I would like to thank Deputies Quinn, Higgins and Noonan for wishing me well in my term in the Department of Finance.
I acknowledge the contribution of Deputy Quinn in moving the motion. I accept he has done so in a constructive way and that he is taking a positive attitude to what can be done in this regard. I have been involved for many years in Dáil reform. When Deputy Bruton was Leader of the House during the Fine Gael-Labour Coalition and I was Whip for Fianna Fáil we worked for 18 months, in 1983-84, to see what committees could be set up and how the workings of the House could be improved. Eight years later we look back and realise that some of those committees were a success but many of them did not live up to the expectations or the aspirations we outlined at the time. Certainly the work programmes that were laid out were not completed and, for that reason, I am concerned as to the value of such committees. However, I do not rule them out.
In the Programme for Government I considered ways in which we could reform the workings of this House. I accept that such reform is necessary. Deputy Quinn read into the record many of the aspects of that programme. Some points in it were referred to the Committee on Procedure and Privileges, of which I was honoured to be a member for many years, and these issues will be teased out in that committee. I argued eight years ago when I was Government Whip and a member of that committee, as did Deputy Quinn when he was Whip of his party and later when he was Minister, and also Deputy Seán Barrett, that it was best to deal with this matter not at committee level but in the House. It was suggested that committees be set up to deal with Committee Stage of Bills, and, again, that point is reflected in the Programme for Government.
Another point raised is that we should be entitled to freer, short term debates in the House on major issues that affect us. The proposals in the Programme for Government will allow the Committee on Procedure and Privileges to decide on how best that can be done and whether we can make progress in this regard. If useful committees are to be set up we should consider the points in the Programme for Government and take them up in the Committee on Procedure and Privileges. In that way these issues can be dealt with and progress can be made.
The motion put before me yesterday evening for examination and response and put before the House by the Deputies opposite has underlying it a basic contention with which I do not disagree, that is the idea that valuable contributions to the formulation of public policy in vital areas of national life can and must be made by Members of the Oireachtas. I feel strongly, as I think do all my colleagues in Government, that elected representatives in their daily work can tap a wider range of experience and opinion than any other group in the State and that evaluating, distilling and articulating that volume of opinion must have a recognised place in our political and parliamentary system. Deputy Quinn made that point although he feels that Government Ministers, because of their heavy workload — which is the case regardless of who is in power — are remote from the decisions of ordinary people, but I do not accept that.
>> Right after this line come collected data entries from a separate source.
-- ===== src/Traffic/Sampler/Deltas.antt =====
-- internal/traffic/sampler.go: what a reported sample says of two readings.
use mathlib.Core.Path.{subst}
use i_pulse.Base.{
  ℕ, pos, pos_part, sub_ℕ, leb_ℤ, ◌-◌, ◌≤◌, ◌≡◌, ◌⊎◌, inl, inr, refl, ap, sym, ◌∙◌, Bool, true,
  false, List, [], ◌∷◌, Option, none, some, arith, Bool-cases, Option-cases, Floats, All, get, put,
  get-put,
}
use i_pulse.Traffic.SelfTraffic.{SelfTraffic}
use i_pulse.Util.Glob.{same}
use i_pulse.Traffic.Sampler.{
  Interface, Counters, Config, Sampler, Sample, int64, went_back, monitored, reading, compare,
  with_rates, timed, measured, tell, against, sample_all, sample, bytes_eq,
}

forward :
    (c p : Counters) → went_back c p ≡ false → (p.rx_bytes ≤ c.rx_bytes) × (p.tx_bytes ≤ c.tx_bytes)
forward c p h = (ground (arith, h), ground (arith, h))

no_time : (now t : ℕ) → t ≡ now → leb_ℤ (sub_ℕ now t) (pos 0) ≡ true
no_time now t h = ground (arith, h)

module _ {F : Type 0} ⦃fl : Floats F⦄ (scale : ℕ → ℕ → ℕ → ℕ) where
  -- A sample between two readings of one interface.
  pub record IsBetween (p x : Sample F) (now : ℕ) : Type 0 where
    pub interval : x.interval ≡ sub_ℕ now p.time
    pub later : leb_ℤ x.interval (pos 0) ≡ false
    pub is_reset : x.reset ≡ went_back x.counters p.counters
    pub nothing : x.reset ≡ true → (x.rx_delta ≡ pos 0) × (x.tx_delta ≡ pos 0)
    pub received :
        x.reset ≡ false
        → (p.counters.rx_bytes ≤ x.counters.rx_bytes)
          × (x.rx_delta ≡ int64 (x.counters.rx_bytes - p.counters.rx_bytes))
    pub sent :
        x.reset ≡ false
        → (p.counters.tx_bytes ≤ x.counters.tx_bytes)
          × (x.tx_delta ≡ int64 (x.counters.tx_bytes - p.counters.tx_bytes))

  -- The rates leave the rest of a sample alone.
  rates_only :
      (exclude : Bool) (self : Option SelfTraffic) (from length : ℕ) (x : Sample F)
      → let y = with_rates scale exclude self from length x in
        (y.interface ≡ x.interface)
        × (y.interval ≡ x.interval)
        × (y.counters ≡ x.counters)
        × (y.rx_delta ≡ x.rx_delta)
        × (y.tx_delta ≡ x.tx_delta)
        × (y.reset ≡ x.reset)
  rates_only exclude none from length x = (refl, refl, refl, refl, refl, refl)
  rates_only false (some self) from length x = (refl, refl, refl, refl, refl, refl)
  rates_only true (some self) from length x = (refl, refl, refl, refl, refl, refl)

  IsFor : Interface → ℕ → Sample F → Sample F → Type 0
  IsFor iface now p x =
      (x.interface ≡ iface.name) × (x.counters ≡ iface.counters) × IsBetween p x now

  compare-IsFor :
      (cfg : Config) (self : Option SelfTraffic) (p : Sample F) (iface : Interface) (now : ℕ)
      (x : Sample F)
      → compare scale cfg self p (reading iface now) ≡ some x
      → IsFor iface now p x
  unfolding compare IsFor
  compare-IsFor cfg self p iface now x h =
      let cur = timed p (reading iface now) in
      let out = compare scale cfg self p (reading iface now) in
      elim (Bool-cases (leb_ℤ (sub_ℕ now p.time) (pos 0))) [
        | inl early ↦ let none_told : out ≡ none = rw early refl in absurd (cc (sym none_told ∙ h))
        | inr later ↦ elim (Bool-cases (went_back iface.counters p.counters)) [
          | inl back ↦
              let told : out ≡ some (record cur { reset = true }) = rw (later, back) refl in
              let is : record cur { reset = true } ≡ x = cc (sym told ∙ h) in
              subst (IsFor iface now p) is (
                refl,
                refl,
                record {
                  interval = refl;
                  later = later;
                  is_reset = sym back;
                  nothing = λ e. (refl, refl);
                  received = λ e. absurd (cc e);
                  sent = λ e. absurd (cc e);
                },
              )
          | inr on ↦
              let y =
                with_rates scale cfg.exclude_self self p.time (pos_part cur.interval)
                  (measured p cur) in
              let told : out ≡ some y = rw (later, on) refl in
              let is : y ≡ x = cc (sym told ∙ h) in
              let (name, interval, counters, rx, tx, reset) =
                rates_only cfg.exclude_self self p.time (pos_part cur.interval) (measured p cur) in
              let (more_rx, more_tx) = forward iface.counters p.counters on in
              subst (IsFor iface now p) is (
                name,
                counters,
                record {
                  interval = interval;
                  later = ap (λ d. leb_ℤ d (pos 0)) interval ∙ later;
                  is_reset = reset ∙ sym on ∙ sym (ap (λ c. went_back c p.counters) counters);
                  nothing = λ e. absurd (cc (sym reset ∙ e));
                  received = λ e. (
                    subst (λ c. p.counters.rx_bytes ≤ c.rx_bytes) (sym counters) more_rx,
                    rx ∙ ap (λ c. int64 (c.rx_bytes - p.counters.rx_bytes)) (sym counters),
                  );
                  sent = λ e. (
                    subst (λ c. p.counters.tx_bytes ≤ c.tx_bytes) (sym counters) more_tx,
                    tx ∙ ap (λ c. int64 (c.tx_bytes - p.counters.tx_bytes)) (sym counters),
                  );
                },
              )
        ]
      ]

  -- The readings held in the loop are those from before the call, or of this instant.
  Settled : ℕ → List (List ℕ × Sample F) → List (List ℕ × Sample F) → Type 0
  Settled now before held =
      (n : List ℕ)
      → (get n held ≡ get n before) ⊎ ((y : Sample F) × (get n held ≡ some y) × (y.time ≡ now))

  put-Settled :
      (now : ℕ) (before held : List (List ℕ × Sample F)) (iface : Interface)
      → Settled now before held
      → Settled now before (put iface.name (reading iface now) held)
  unfolding Settled
  put-Settled now before held iface h n =
      let found = get-put iface.name n (reading iface now) held in
      elim (Bool-cases (bytes_eq.beq iface.name n)) [
        | inl same ↦ inr (reading iface now, found ∙ rw same refl, refl)
        | inr other ↦
            let kept : get n (put iface.name (reading iface now) held) ≡ get n held =
              found ∙ rw other refl in
            elim (h n) [
              | inl old ↦ inl (kept ∙ old)
              | inr (y, at, now_is) ↦ inr (y, kept ∙ at, now_is)
            ]
      ]

  -- A sample of an interface since the reading from before the call.
  IsTrue : ℕ → List (List ℕ × Sample F) → Sample F → Type 0
  IsTrue now before x = (p : Sample F) × (get x.interface before ≡ some p) × IsBetween p x now

  told-IsTrue :
      (cfg : Config) (self : Option SelfTraffic) (now : ℕ) (before held : List (List ℕ × Sample F))
      (iface : Interface) (rest : List (Sample F))
      → Settled now before held
      → All (IsTrue now before) rest
      → All
          (IsTrue now before)
          (tell scale (against scale cfg self (get iface.name held) (reading iface now)) rest)
  unfolding IsTrue IsFor Settled
  told-IsTrue cfg self now before held iface rest h more =
      elim (Option-cases (get iface.name held)) [
        | inl first ↦ rw first more
        | inr (p, at) ↦ elim (Option-cases (compare scale cfg self p (reading iface now))) [
          | inl quiet ↦ rw (at, quiet) more
          | inr (x, told) ↦
              let (name, counters, between) = compare-IsFor cfg self p iface now x told in
              let known : get x.interface before ≡ some p = elim (h iface.name) [
                | inl old ↦ ap (λ n. get n before) name ∙ sym old ∙ at
                | inr (y, now_at, now_is) ↦
                    let same_one : y ≡ p = cc (sym now_at ∙ at) in
                    let p_now : p.time ≡ now = ap (λ s. s.time) (sym same_one) ∙ now_is in
                    let none_passed : leb_ℤ x.interval (pos 0) ≡ true =
                      ap (λ d. leb_ℤ d (pos 0)) between.interval ∙ no_time now p.time p_now in
                    absurd (cc (sym none_passed ∙ between.later))
              ] in
              rw (at, told) ((p, known, between), more)
        ]
      ]

  sample_all-IsTrue :
      (lower : List ℕ → List ℕ) (cfg : Config) (self : Option SelfTraffic) (now : ℕ)
      (before held : List (List ℕ × Sample F)) (ifaces : List Interface)
      → Settled now before held
      → All (IsTrue now before) (sample_all scale lower cfg self now held ifaces).1
  unfolding sample_all
  sample_all-IsTrue lower cfg self now before held [] h = tt
  sample_all-IsTrue lower cfg self now before held (iface ∷ rest) h =
      let put_in = put-Settled now before held iface h in
      let taken =
        sample_all-IsTrue lower cfg self now before (put iface.name (reading iface now) held) rest
          put_in in
      let skipped = sample_all-IsTrue lower cfg self now before held rest h in
      elim (Bool-cases (monitored lower cfg iface)) [
        | inl on ↦ rw on (told-IsTrue cfg self now before held iface _ h taken)
        | inr off ↦ rw off skipped
      ]

  -- Whatever interfaces a call reads, two of the same name included, every sample that it reports compares
  -- an interface with the reading that the sampler kept of it from before the call: the interval is the
  -- time since that reading and positive; the sample is a reset exactly when a counter of bytes went back,
  -- and then its byte deltas are zero; otherwise each byte delta is the growth of its counter, as a signed
  -- number.
  pub sample-IsTrue :
      (lower : List ℕ → List ℕ) (s : Sampler F) (ifaces : List Interface) (now : ℕ)
      → All
          (λ x. (p : Sample F) × (get x.interface s.prev ≡ some p) × IsBetween p x now)
          (sample scale lower s ifaces now).1
  unfolding sample IsTrue Settled
  sample-IsTrue lower s ifaces now =
      sample_all-IsTrue lower s.cfg s.self now s.prev s.prev ifaces (λ n. inl refl)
Despite my feelings on this point, I disagree with the motion because the form in which it is put forward underrates the value and effectiveness of the contribution which is made, and continues to be made, on the floor of this House by Deputies of all parties and the degree to which those contributions influence the operation of Government in all areas of public policy and administration. The motion proposes the creation of an Oireachtas committee with a remit so widely defined as to ensure that no area of national life falls outside its purview. What it seeks to do is set up a body which would oversee not the work of a single Minister or a single coherent area of Government but of our entire political system. We already have such a body, called Dáil Éireann, which carries out that work. What the Labour Party seek to do is to assign to a small body of no fewer than 18 Deputies and Senators a substantial part of the functions which belong to all Members of this House. This is not a measure to enhance the powers of the House, as some speakers pretend; it is a proposal that the House hand over a most fundamental part of its functions to a committee.
Even if this House were predisposed to abdicate its responsibilities in the manner proposed by the motion and agree to the creation of the committee, we are faced with the question of how workable the new machinery could be. How would it mesh with the operation of other committees of this House? It would impinge on many of the committees whose establishment I was involved in some time ago. How would it impinge on the operation of the Government to which this House has entrusted the affairs of the country?
My contention is that the terms of reference of the committee have been so widely drafted that if established on the basis proposed it would regard itself as entitled to trespass on the remit of all the other committees established to look at specific and identified problem areas of public administration.
It is for these reasons that such a committee would be unwieldy and unworkable, that we on this side of the House feel constrained to oppose an amendment to this motion. Our amendment takes account of the desire to increase the involvement of Members of the House in the detailed shaping of legislation, as referred to by Deputy Quinn, and in teasing out in the fullest way possible the implications for the community of the specific details of proposed laws. It also makes provision for the revision of arrangements introduced by this Government to ensure that the views of Deputies on matters of topical concern can be placed on the record promptly. I acknowledge what Deputy Quinn has said, that the proposal goes a considerable way towards solving the problem but does not go all the way.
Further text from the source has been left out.